= Monetary inflation =

Sustained increase in a state's money supply (not prices)

Monetary inflation is a sustained increase in the money supply of a country (or currency area). Depending on many factors, including public expectations, the state and development of the economy, and the transmission mechanism, a sustained increase in the money supply is likely to result in price inflation, a rise in the general level of prices of goods and services, which is usually just called "inflation".
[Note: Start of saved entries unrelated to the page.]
-- ===== src/Base/Exec.antt =====
-- A coroutine that runs on one database session: it reads and writes the session's state, and
-- returns or raises. What was written before a raise stays in the session, so the state comes back
-- beside the exception too; `transact` is what discards it.
use mathlib.Core.Bool.{Bool, true, false}
use mathlib.Core.Option.{Option, none, some}
use mathlib.Core.Path.{◌≡◌, refl}
use car_flow_mvp.Base.Result.{Result, ok, err}
use car_flow_mvp.Base.Tests.{⊤}

abbrev pub Exec : Type 0 → Type 0 → Type 0 → Type 0
Exec S E A = S → Result E A × S

module _ {S E A : Type 0} where
  abbrev pub pure : A → Exec S E A
  pure a s = (ok a, s)

  abbrev pub raise : E → Exec S E A
  raise e s = (err e, s)

  abbrev pub lift : Result E A → Exec S E A
  lift r s = (r, s)

  abbrev pub gets : (S → A) → Exec S E A
  gets f s = (ok (f s), s)

  -- `if row is None: raise e`
  abbrev pub or_raise : E → Option A → Exec S E A
  or_raise e none = raise e
  or_raise e (some a) = pure a

-- What comes after a block, by how the block ended.
abbrev pub continue : {S E A B : Type 0} → (A → Exec S E B) → Result E A × S → Result E B × S
continue f (ok a, s) = f a s
continue f (err e, s) = (err e, s)

infixl 5 ◌>>=◌ ◌>>◌
abbrev pub ◌>>=◌ : {S E A B : Type 0} → Exec S E A → (A → Exec S E B) → Exec S E B
◌>>=◌ m f s = continue f (m s)

abbrev pub ◌>>◌ : {S E B : Type 0} → Exec S E ⊤ → Exec S E B → Exec S E B
m >> k = m >>= λ _. k

module _ {S E : Type 0} where
  abbrev pub modify : (S → S) → Exec S E ⊤
  modify f s = (ok tt, f s)

  -- `if test: raise e`
  abbrev pub raise_if : Bool → E → Exec S E ⊤
  raise_if true e s = (err e, s)
  raise_if false e s = (ok tt, s)

  -- `if test: m`
  abbrev pub when : Bool → Exec S E ⊤ → Exec S E ⊤
  when true m s = m s
  when false m s = (ok tt, s)

-- `except E as e: raise f(e) from e` around a block.
abbrev pub caught : {S E E' A : Type 0} → (E → E') → Result E A × S → Result E' A × S
caught f (ok a, s) = (ok a, s)
caught f (err e, s) = (err (f e), s)

abbrev pub catching : {S E E' A : Type 0} → (E → E') → Exec S E A → Exec S E' A
catching f m s = caught f (m s)

-- One transaction: the session is committed if the block returns, and rolled back if it raises.
abbrev pub settle : {S E A : Type 0} → S → Result E A × S → Result E A × S
settle before (ok a, s) = (ok a, s)
settle before (err e, s) = (err e, before)

abbrev pub transact : {S E A : Type 0} → Exec S E A → Exec S E A
transact m s = settle s (m s)

-- A transaction that returns has the block's state, and one that raises has the state before it.
pub settle-ok :
    {S E A : Type 0} (before : S) (out : Result E A × S) {a : A}
    → (settle before out).0 ≡ ok a
    → (out.0 ≡ ok a) × (settle before out ≡ out)
settle-ok before (ok a, s) h = (h, refl)
settle-ok before (err e, s) h = cc

pub settle-err :
    {S E A : Type 0} (before : S) (out : Result E A × S) {e : E}
    → (settle before out).0 ≡ err e
    → (settle before out).1 ≡ before
settle-err before (ok a, s) h = cc
settle-err before (err e, s) h = refl

-- Inversion of the steps of a coroutine that returned.
pub bind-ok :
    {S E A B : Type 0} (m : Exec S E A) (f : A → Exec S E B) (s s' : S) {b : B}
    → (m >>= f) s ≡ (ok b, s')
    → (a : A) × (s1 : S) × (m s ≡ (ok a, s1)) × (f a s1 ≡ (ok b, s'))
bind-ok {S} {E} {A} {B} m f s s' {b} h = go (m s) refl h
  where
    go :
        (out : Result E A × S)
        → m s ≡ out
        → continue f out ≡ (ok b, s')
        → (a : A) × (s1 : S) × (m s ≡ (ok a, s1)) × (f a s1 ≡ (ok b, s'))
    go (ok a, s1) e k = (a, s1, e, k)
    go (err x, s1) e k = cc

pub raise_if-ok :
    {S E : Type 0} (test : Bool) (e : E) (s s' : S) {x : ⊤}
    → raise_if test e s ≡ (ok x, s')
    → (test ≡ false) × (s' ≡ s)
raise_if-ok true e s s' h = cc
raise_if-ok false e s s' h = (refl, cc)

pub or_raise-ok :
    {S E A : Type 0} (e : E) (o : Option A) (s s' : S) {a : A}
    → or_raise e o s ≡ (ok a, s')
    → (o ≡ some a) × (s' ≡ s)
or_raise-ok e none s s' h = cc
or_raise-ok e (some x) s s' h = (cc, cc)

pub pure-ok :
    {S E A : Type 0} (a : A) (s s' : S) {b : A} → pure {E = E} a s ≡ (ok b, s') → (b ≡ a) × (s' ≡ s)
pure-ok a s s' h = (cc, cc)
There is general agreement among economists that there is a causal relationship between monetary inflation and price inflation. But there is neither a common view about the exact theoretical mechanisms and relationships, nor about how to accurately measure it. This relationship is also constantly changing, within a larger complex economic system. So there is a great deal of debate on the issues involved, such as how to measure the monetary base and price inflation, how to measure the effect of public expectations, how to judge the effect of financial innovations on the transmission mechanisms, and how much factors like the velocity of money affect the relationship. Thus, there are different views on what could be the best targets and tools in monetary policy.
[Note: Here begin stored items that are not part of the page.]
-- ===== src/Shared/Idempotency.antt =====
-- shared/idempotency.py: the table `idempotency_keys`, the guard that a request gets, and the
-- answer through it. `B` is the type of response bodies, `H` of request bodies.
pub mod Replay
pub mod Retry
use text.Mathlib.Text.{◌==◌ as str_eq}
use car_flow_mvp.Base.{
  ℕ, ◌-◌, ◌≡◌, Bool, true, false, ◌&&◌, Option, none, some, String, List, [], ◌∷◌, ◌++◌, ltb,
  if◌then◌else◌,
}
use car_flow_mvp.Base.Result.{Result, ok, err}
use car_flow_mvp.Base.Exec.{Exec, pure, raise, ◌>>=◌}
use car_flow_mvp.Shared.Http.{Failure, http_exception, Response}

pub record IdempotencyRow (B : Type 0) : Type 0 where
  pub consumer_id : String
  pub key : String
  pub request_hash : String
  pub response_body : B
  pub status_code : ℕ
  pub created_at : ℕ

-- `replay_body` and `replay_status`, which are set together.
pub record IdempotencyGuard (B : Type 0) : Type 0 where
  pub consumer_id : String
  pub key : String
  pub request_hash : String
  pub replay : Option (B × ℕ)

-- The table `idempotency_keys` of a service's database.
pub record KeyTable (S B : Type 0) : Type 0 where
  pub keys : S → List (IdempotencyRow B)
  pub with_keys : List (IdempotencyRow B) → S → S
  pub keys-with_keys : (rows : List (IdempotencyRow B)) (s : S) → keys (with_keys rows s) ≡ rows

abbrev pub key_reused : Failure
key_reused = http_exception 409 "Idempotency-Key was already used with a different request"

abbrev pub key_missing : Failure
key_missing = http_exception 400 "Idempotency-Key header is required"

module _ {B : Type 0} where
  abbrev pub is_key : String → String → IdempotencyRow B → Bool
  is_key consumer_id key row = str_eq row.consumer_id consumer_id && str_eq row.key key

  -- SELECT ... WHERE consumer_id = ... AND key = ...
  unfoldable pub select_key : String → String → List (IdempotencyRow B) → Option (IdempotencyRow B)
  select_key consumer_id key [] = none
  select_key consumer_id key (row ∷ rows) =
      if is_key consumer_id key row then some row else select_key consumer_id key rows

  -- A row that is there is replayed to the request that it was stored for, and to no other.
  abbrev pub replayed : IdempotencyGuard B → IdempotencyRow B → Result Failure (IdempotencyGuard B)
  replayed guard row =
      if str_eq row.request_hash guard.request_hash
      then ok (record guard { replay = some (row.response_body, row.status_code) })
      else err key_reused

  abbrev pub fresh_guard : String → String → String → IdempotencyGuard B
  fresh_guard consumer_id key request_hash = record {
    consumer_id = consumer_id;
    key = key;
    request_hash = request_hash;
    replay = none;
  }

  -- DELETE ... WHERE created_at < cutoff
  unfoldable pub purge_rows : ℕ → List (IdempotencyRow B) → List (IdempotencyRow B)
  purge_rows cutoff [] = []
  purge_rows cutoff (row ∷ rows) =
      if ltb row.created_at cutoff then purge_rows cutoff rows else row ∷ purge_rows cutoff rows

module _ {S B : Type 0} (table : KeyTable S B) {H : Type 0} (hash_request_body : H → String) where
  -- `_guard`, on the header, the caller and the request's body.
  unfoldable pub make_guard : Option String → String → H → S → Result Failure (IdempotencyGuard B)
  make_guard none consumer_id body s = err key_missing
  make_guard (some key) consumer_id body s =
      if str_eq key "" then err key_missing else elim (select_key consumer_id key (table.keys s)) [
        | none ↦ ok (fresh_guard consumer_id key (hash_request_body body))
        | some row ↦ replayed (fresh_guard consumer_id key (hash_request_body body)) row
      ]

module _ {S B : Type 0} (table : KeyTable S B) where
  -- INSERT ... ON CONFLICT DO NOTHING, and on a conflict the row that is there.
  unfoldable pub store : IdempotencyGuard B → B → ℕ → ℕ → Exec S Failure (IdempotencyGuard B)
  store guard response_body status_code now s =
      elim (select_key guard.consumer_id guard.key (table.keys s)) [
        | none ↦ (
          ok guard,
          table.with_keys
              (table.keys s
                ++ record {
                  consumer_id = guard.consumer_id;
                  key = guard.key;
                  request_hash = guard.request_hash;
                  response_body = response_body;
                  status_code = status_code;
                  created_at = now;
                }
                  ∷ [])
              s,
        )
        | some row ↦ (replayed guard row, s)
      ]

  abbrev pub answer : IdempotencyGuard B → B → ℕ → Response B
  answer guard response_json status_code = elim guard.replay [
    | some (body, status) ↦ record { status_code = status; content = body }
    | none ↦ record { status_code = status_code; content = response_json }
  ]

  -- The commit at the end of `store` is the end of the handler's transaction.
  unfoldable pub respond_idempotently :
      IdempotencyGuard B → ℕ → ℕ → Exec S Failure B → Exec S Failure (Response B)
  respond_idempotently guard status_code now build = elim guard.replay [
    | some (body, status) ↦ pure (record { status_code = status; content = body })
    | none ↦ do
      response_json ← build
      stored ← store guard response_json status_code now
      pure (answer stored response_json status_code)
  ]

  unfoldable pub purge_expired_idempotency_keys : ℕ → ℕ → S → S
  purge_expired_idempotency_keys now older_than s =
      table.with_keys (purge_rows (now - older_than) (table.keys s)) s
However, there is a general consensus on the importance and responsibility of central banks and monetary authorities in setting public expectations of price inflation and in trying to control it.

- Keynesian economists believe the central bank can sufficiently assess the detailed economic variables and circumstances in real time to adjust monetary policy to stabilize gross domestic product. These economists favor monetary policies that attempt to even out the ups and downs of business cycles and economic shocks in a precise fashion.
- Followers of the monetarist school think that Keynesian style monetary policies produce many overshooting, time-lag errors and other unwanted effects, usually making things even worse. They doubt the central bank's capacity to analyse economic problems in real time and its ability to influence the economy with correct timing and the right monetary policy measures. So monetarists advocate a less intrusive and less complex monetary policy, specifically a constant growth rate of the money supply.
- Some followers of Austrian School economics see monetary inflation as "inflation" and advocate either the return to free markets in money, called free banking, or a 100% gold standard and the abolition of central banks to control this problem.

Currently, most central banks follow a monetarist or Keynesian approach, or more often a mix of both. There is a trend of central banks towards the use of inflation targeting.

== Quantity theory ==

The monetarist explanation of inflation operates through the Quantity Theory of Money, $MV = PT$ where M is the money supply, V is the velocity of circulation, P is the price level and T is total transactions or output. As monetarists assume that V and T are determined, in the long run, by real variables, such as the productive capacity of the economy, there is a direct relationship between the growth of the money supply and inflation.

The mechanisms by which excess money might be translated into inflation are examined below. Individuals can also spend their excess money balances directly on goods and services. This has a direct impact on inflation by raising aggregate demand. Also, the increase in the demand for labour resulting from higher demands for goods and services will cause a rise in money wages and unit labour costs. The more inelastic the aggregate supply in the economy, the greater the impact on inflation.

The increase in demand for goods and services may cause a rise in imports. Although this leakage from the domestic economy reduces the money supply, it also increases the supply of money on the international markets thus applying downward pressure on the exchange rate. This may cause imported inflation.

==Modern Monetary Theory==

Modern Monetary Theory, like all derivatives of the Chartalist school, emphasizes that in nations with monetary sovereignty, a country is always able to repay debts that are denominated in its own currency. However, under modern-day monetary systems, the supply of money is largely determined endogenously. But exogenous factors like government surpluses and deficits play a role and allow government to set inflation targets. Yet, adherents of this school note that monetary inflation and price inflation are distinct, and that when there is idle capacity, monetary inflation can cause a boost in aggregate demand which can, up to a point, offset price inflation.

==Austrian view==

The Austrian School maintains that inflation is any increase of the money supply (i.e. units of currency or means of exchange) that is not matched by an increase in demand for money, or as Ludwig von Mises put it:

In theoretical investigation there is only one meaning that can rationally be attached to the expression Inflation: an increase in the quantity of money (in the broader sense of the term, so as to include fiduciary media as well), that is not offset by a corresponding increase in the need for money (again in the broader sense of the term), so that a fall in the objective exchange-value of money must occur.

Given that all major economies currently have a central bank supporting the private banking system, money can be supplied into these economies by means of bank credit (or debt). Austrian economists believe that credit growth propagates business cycles (see Austrian Business Cycle Theory).